Donald Trump en est certain: il est en train de propulser les États-Unis vers leur nouvel «âge d’or». Soit. La suite de son mandat présidentiel dira si, oui ou non, ses prédictions économiques s’avèrent justes, et si la première puissance mondiale redevient «le meilleur endroit sur terre pour faire du business». Mais il est une autre chose certaine: le «bon sens» au nom duquel Trump a justifié toutes ses politiques dans son discours au Forum de Davos – du renvoi massif des migrants à la dérégulation et aux baisses d’impôts massives – ne correspond en rien à l’état de l’Europe en 2025.

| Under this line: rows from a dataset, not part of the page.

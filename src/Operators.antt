-- ===== src/Operators.antt =====
-- pkg/stream/operators.go. A function of the user returns its Go pair: the result and the error, where
-- `none` is no error. The error that an operator returns wraps the one of the function.
pub mod Keyed
pub mod Branches
mod Tests
use gress.Common.{
  ℕ, String, Bool, true, false, Option, none, some, List, [], ◌∷◌, ◌++◌, ltb, if◌then◌else◌, ℤ, pos,
  length, string_key,
}
use gress.Common.Dict.{Dict, get, put}
use gress.Common.Channel.{Channel, new_channel, offer}
use gress.Stream.{Event}

-- An error of an operator: the operator's prefix and the error of its function.
pub data OperatorError (Err : Type 0) : Type 0 where
  map_transform flatmap_transform aggregate_failed reduce_failed : Err → OperatorError Err

module _ {W Err : Type 0} where
  abbrev pub map_result :
      Option (Event W) × Option Err → List (Event W) × Option (OperatorError Err)
  map_result (o, some e) = ([], some (map_transform e))
  map_result (none, none) = ([], none)
  map_result (some event, none) = (event ∷ [], none)

  -- MapOperator.Process
  pub map_process :
      {V : Type 0}
      → (Event V → Option (Event W) × Option Err)
      → Event V
      → List (Event W) × Option (OperatorError Err)
  map_process transform event = map_result (transform event)

  abbrev pub flat_map_result :
      List (Event W) × Option Err → List (Event W) × Option (OperatorError Err)
  flat_map_result (events, some e) = ([], some (flatmap_transform e))
  flat_map_result (events, none) = (events, none)

  -- FlatMapOperator.Process
  pub flat_map_process :
      {V : Type 0}
      → (Event V → List (Event W) × Option Err)
      → Event V
      → List (Event W) × Option (OperatorError Err)
  flat_map_process transform event = flat_map_result (transform event)

-- An event without a key belongs to the key "default".
abbrev pub key_or_default : String → String
key_or_default key = if string_key.beq key "" then "default" else key

module _ {V : Type 0} where
  -- FilterOperator.Process
  pub filter_process : (Event V → Bool) → Event V → List (Event V)
  filter_process predicate event = if predicate event then event ∷ [] else []

  -- KeyByOperator.Process and TimestampAssignerOperator.Process: the event as it is after the call
  pub key_by_process : (Event V → String) → Event V → List (Event V)
  key_by_process selector event = record event { key = selector event } ∷ []

  pub assign_timestamp : (Event V → ℤ) → Event V → List (Event V)
  assign_timestamp extractor event = record event { event_time = extractor event } ∷ []

  -- The output event of the stateful operators.
  abbrev pub output_event : {A : Type 0} → String → A → Event V → Event A
  output_event key value event = record {
    key = key;
    value = value;
    event_time = event.event_time;
    headers = event.headers;
    offset = pos 0;
    partition = pos 0;
  }

abbrev pub or_nil : {A : Type 0} → A → Option A → A
or_nil nil none = nil
or_nil nil (some a) = a

-- The value of a key that ReduceOperator goes on from: a value of an interface type may be nil.
abbrev pub current : {V : Type 0} → (V → Bool) → Option V → Option V
current is_nil none = none
current is_nil (some v) = if is_nil v then none else some v

module _ {V A Err : Type 0} where
  -- The end of Process of a stateful operator: an error keeps the state.
  abbrev pub stored :
      (Err → OperatorError Err)
      → String
      → Event V
      → Dict String A
      → A × Option Err
      → Dict String A × List (Event A) × Option (OperatorError Err)
  stored failure key event state (a, some e) = (state, [], some (failure e))
  stored failure key event state (a, none) = (put state key a, output_event key a event ∷ [], none)

  -- AggregateOperator.Process: `nil` is the accumulator of a key that is not there.
  pub aggregate_process :
      A
      → (A → Event V → A × Option Err)
      → Event V
      → Dict String A
      → Dict String A × List (Event A) × Option (OperatorError Err)
  aggregate_process nil aggregate event state =
      let key = key_or_default event.key in
      stored aggregate_failed key event state (aggregate (or_nil nil (get state key)) event)

module _ {V Err : Type 0} where
  abbrev pub reduce_step :
      (V → V → V × Option Err)
      → String
      → Event V
      → Dict String V
      → Option V
      → Dict String V × List (Event V) × Option (OperatorError Err)
  reduce_step reduce key event state none = (put state key event.value, event ∷ [], none)
  reduce_step reduce key event state (some v) =
      stored reduce_failed key event state (reduce v event.value)

  -- ReduceOperator.Process
  pub reduce_process :
      (V → Bool)
      → (V → V → V × Option Err)
      → Event V
      → Dict String V
      → Dict String V × List (Event V) × Option (OperatorError Err)
  reduce_process is_nil reduce event state =
      let key = key_or_default event.key in
      reduce_step reduce key event state (current is_nil (get state key))

-- A branch: its predicate and its output channel.
pub record Branch (V : Type 0) : Type 0 where
  pub predicate : Event V → Bool
  pub output : Channel (Event V)

module _ {V : Type 0} where
  -- NewBranchOperator
  pub new_branches : Dict String (Event V → Bool) → Dict String (Branch V)
  new_branches [] = []
  new_branches ((name, predicate) ∷ branches) =
      (name, record { predicate = predicate; output = new_channel 100 }) ∷ new_branches branches

  -- The send to a branch, which is skipped when its channel is full.
  pub route : Event V → Branch V → Branch V
  route event branch =
      if branch.predicate event
      then record branch { output = offer event branch.output }
      else branch

  pub route_all : Event V → Dict String (Branch V) → Dict String (Branch V)
  unfolding route
  route_all event [] = []
  route_all event ((name, branch) ∷ branches) =
      (name, route event branch) ∷ route_all event branches

  -- BranchOperator.Process
  pub branch_process : Event V → Dict String (Branch V) → Dict String (Branch V) × List (Event V)
  unfolding route_all
  branch_process event branches = (route_all event branches, event ∷ [])

  -- UnionOperator.Process
  pub union_process : Event V → List (Event V)
  union_process event = event ∷ []
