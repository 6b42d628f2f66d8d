-- ===== src/Operators/Branches.antt =====
-- What waits in the output channels of a branch operator.
use gress.Common.{
  ◌≡◌, refl, ap, ◌∙◌, String, Bool, true, false, Option, none, some, List, [], ◌∷◌, if◌then◌else◌,
  take, string_key, Bool-cases, inl, inr,
}
use gress.Common.Dict.{Dict, get}
use gress.Common.Channel.{new_channel, offer, offer_all, items-offer_all-new}
use gress.Stream.{Event}
use gress.Operators.{Branch, new_branches, route, route_all, branch_process}

module _ {V : Type 0} where
  pub branch_all : List (Event V) → Dict String (Branch V) → Dict String (Branch V)
  branch_all [] branches = branches
  branch_all (event ∷ events) branches = branch_all events (branch_process event branches).0

  abbrev pub accepted : (Event V → Bool) → List (Event V) → List (Event V)
  accepted predicate [] = []
  accepted predicate (event ∷ events) =
      let rest = accepted predicate events in if predicate event then event ∷ rest else rest

  abbrev pub output_of : Option (Branch V) → Option (List (Event V))
  output_of none = none
  output_of (some branch) = some branch.output.items

  abbrev pub first_hundred : List (Event V) → Option (Event V → Bool) → Option (List (Event V))
  first_hundred events none = none
  first_hundred events (some predicate) = some (take 100 (accepted predicate events))

  abbrev pub route_events : List (Event V) → Branch V → Branch V
  route_events [] branch = branch
  route_events (event ∷ events) branch = route_events events (route event branch)

  abbrev pub over : (Branch V → Branch V) → Option (Branch V) → Option (Branch V)
  over f none = none
  over f (some branch) = some (f branch)

  get-route_all :
      (event : Event V) (branches : Dict String (Branch V)) (name : String)
      → get (route_all event branches) name ≡ over (route event) (get branches name)
  unfolding get route_all
  get-route_all event [] name = refl
  get-route_all event ((k, branch) ∷ branches) name = elim (Bool-cases (string_key.beq k name)) [
    | inl e ↦ rw e refl
    | inr e ↦ rw e (get-route_all event branches name)
  ]

  over-over :
      (o : Option (Branch V)) (f g : Branch V → Branch V)
      → over f (over g o) ≡ over (λ b. f (g b)) o
  over-over none f g = refl
  over-over (some b) f g = refl

  get-branch_all :
      (events : List (Event V)) (branches : Dict String (Branch V)) (name : String)
      → get (branch_all events branches) name ≡ over (route_events events) (get branches name)
  unfolding branch_all branch_process
  get-branch_all [] branches name = go (get branches name)
    where
      go : (o : Option (Branch V)) → o ≡ over (route_events []) o
      go none = refl
      go (some b) = refl
  get-branch_all (event ∷ events) branches name =
      get-branch_all events (route_all event branches) name
      ∙ (rw (get-route_all event branches name)
          (over-over (get branches name) (route_events events) (route event)))

  route_accepted :
      (event : Event V) (branch : Branch V)
      → branch.predicate event ≡ true
      → route event branch ≡ record branch { output = offer event branch.output }
  unfolding route
  route_accepted event branch h = rw h refl

  route_refused :
      (event : Event V) (branch : Branch V)
      → branch.predicate event ≡ false
      → route event branch ≡ branch
  unfolding route
  route_refused event branch h = rw h refl

  -- A branch takes the events that its predicate accepts.
  output-route_events :
      (events : List (Event V)) (branch : Branch V)
      → (route_events events branch).output
        ≡ offer_all (accepted branch.predicate events) branch.output
  unfolding offer_all
  output-route_events [] branch = refl
  output-route_events (event ∷ events) branch = elim (Bool-cases (branch.predicate event)) [
    | inl h ↦
        ap (λ b. (route_events events b).output) (route_accepted event branch h)
        ∙ rw h (output-route_events events (record branch { output = offer event branch.output }))
    | inr h ↦
        ap (λ b. (route_events events b).output) (route_refused event branch h)
        ∙ rw h (output-route_events events branch)
  ]

  abbrev started : Option (Event V → Bool) → Option (Branch V)
  started none = none
  started (some predicate) = some (record { predicate = predicate; output = new_channel 100 })

  get-new_branches :
      (predicates : Dict String (Event V → Bool)) (name : String)
      → get (new_branches predicates) name ≡ started (get predicates name)
  unfolding get new_branches
  get-new_branches [] name = refl
  get-new_branches ((k, p) ∷ predicates) name = elim (Bool-cases (string_key.beq k name)) [
    | inl e ↦ rw e refl
    | inr e ↦ rw e (get-new_branches predicates name)
  ]

  -- With no reader, the channel of every branch of a new operator holds, after any events, the first
  -- hundred of those that its predicate accepts, and no other name has a channel.
  pub get-branch_all-new :
      (events : List (Event V)) (predicates : Dict String (Event V → Bool)) (name : String)
      → output_of (get (branch_all events (new_branches predicates)) name)
        ≡ first_hundred events (get predicates name)
  get-branch_all-new events predicates name =
      rw (get-branch_all events (new_branches predicates) name)
        (rw (get-new_branches predicates name) (go (get predicates name)))
    where
      go :
          (o : Option (Event V → Bool))
          → output_of (over (route_events events) (started o)) ≡ first_hundred events o
      go none = refl
      go (some predicate) =
          ap (λ ch. some ch.items)
            (output-route_events events
              (record { predicate = predicate; output = new_channel 100 }))
          ∙ ap some (items-offer_all-new (accepted predicate events) 100)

Précisons tout de suite l’argument. La charge menée devant le public de Davos par Donald Trump contre la bureaucratie et les normes qui ligotent les entreprises évoluant sur le marché européen n’a, en soi, rien de choquant. Tous les entrepreneurs ou presque se plaignent d’un fardeau administratif communautaire devenu un boulet, et les cas d’opérateurs dégoûtés par l’amoncellement de règles et par les délais pour obtenir les autorisations requises sont légion dans les 27 pays de l’Union.
Rapport Draghi
A preuve: l’ancien premier ministre italien Mario Draghi en a même fait l’un des piliers de son rapport sur le marché unique, que l’actuelle Commission a pris comme référence, avec les recommandations parallèles d’Enrico Letta sur la compétitivité. Donc oui, Président Trump: cette Europe-là, dont Draghi redoute «l’agonie» a un énorme problème. Ce n’est pas la Suisse, demeurée à l’écart tout en prenant bien soin d’y rester associée, qui vous dira le contraire. Et ce n’est pas le discours d’Ursula von der Leyen, mardi à Davos, avant tout défensif et dépourvu d’annonces, qui peut sceller la confiance dans un sursaut à venir.
Prétendre en revanche, comme l’a fait Donald Trump lors de son intervention, que le «bon sens» économique européen serait de tout démanteler pour faire encore plus de place aux multinationales américaines, à commencer par les géants du numérique, est une aberration. L’Union Européenne doit au contraire se réformer d’urgence pour revitaliser son incroyable tissu d’entreprises et attirer les capitaux internationaux indispensables aux innovations de demain. Ouvrir plus grandes les portes aux géants de la tech «Made in USA», tous ralliés à Trump, ne réglera rien sur un continent déjà terriblement contraint par sa dépendance énergétique. La cartellisation américaine de l’Europe, en particulier dans le secteur des données et de l’intelligence artificielle si crucial pour nos vies quotidiennes et notre avenir n’est, en rien, un projet qui relève d’un quelconque «bon sens».
Libéralisme et entreprise
Il est triste de voir qu’au Forum de Davos, au beau milieu de ce continent et d’un pays, la Suisse, qui a toujours défendu le libéralisme et l’esprit d’entreprise, aucun intervenant n’a osé interroger Trump sur ce sujet, et lui rappeler cette évidence. Logique. Le président américain sidère. Il sème l’effroi. Il parle comme le shérif de l’économie mondiale. Il affirme, en plus, vouloir ouvrir grandes les portes des États-Unis à tous ceux que ses réformes et ses dérogations fiscales ne manqueront pas d’attirer. Avec de gros profits en perspective.
N’oublions néanmoins jamais, durant les quatre années qui viennent, que son unique mot d’ordre demeure: «Rendre à l’Amérique sa grandeur».
Donald Trump est l’évangéliste zélé et implacable d’une vision sociale et économique à sens unique. Pas d’un quelconque «bon sens» européen, voire universel.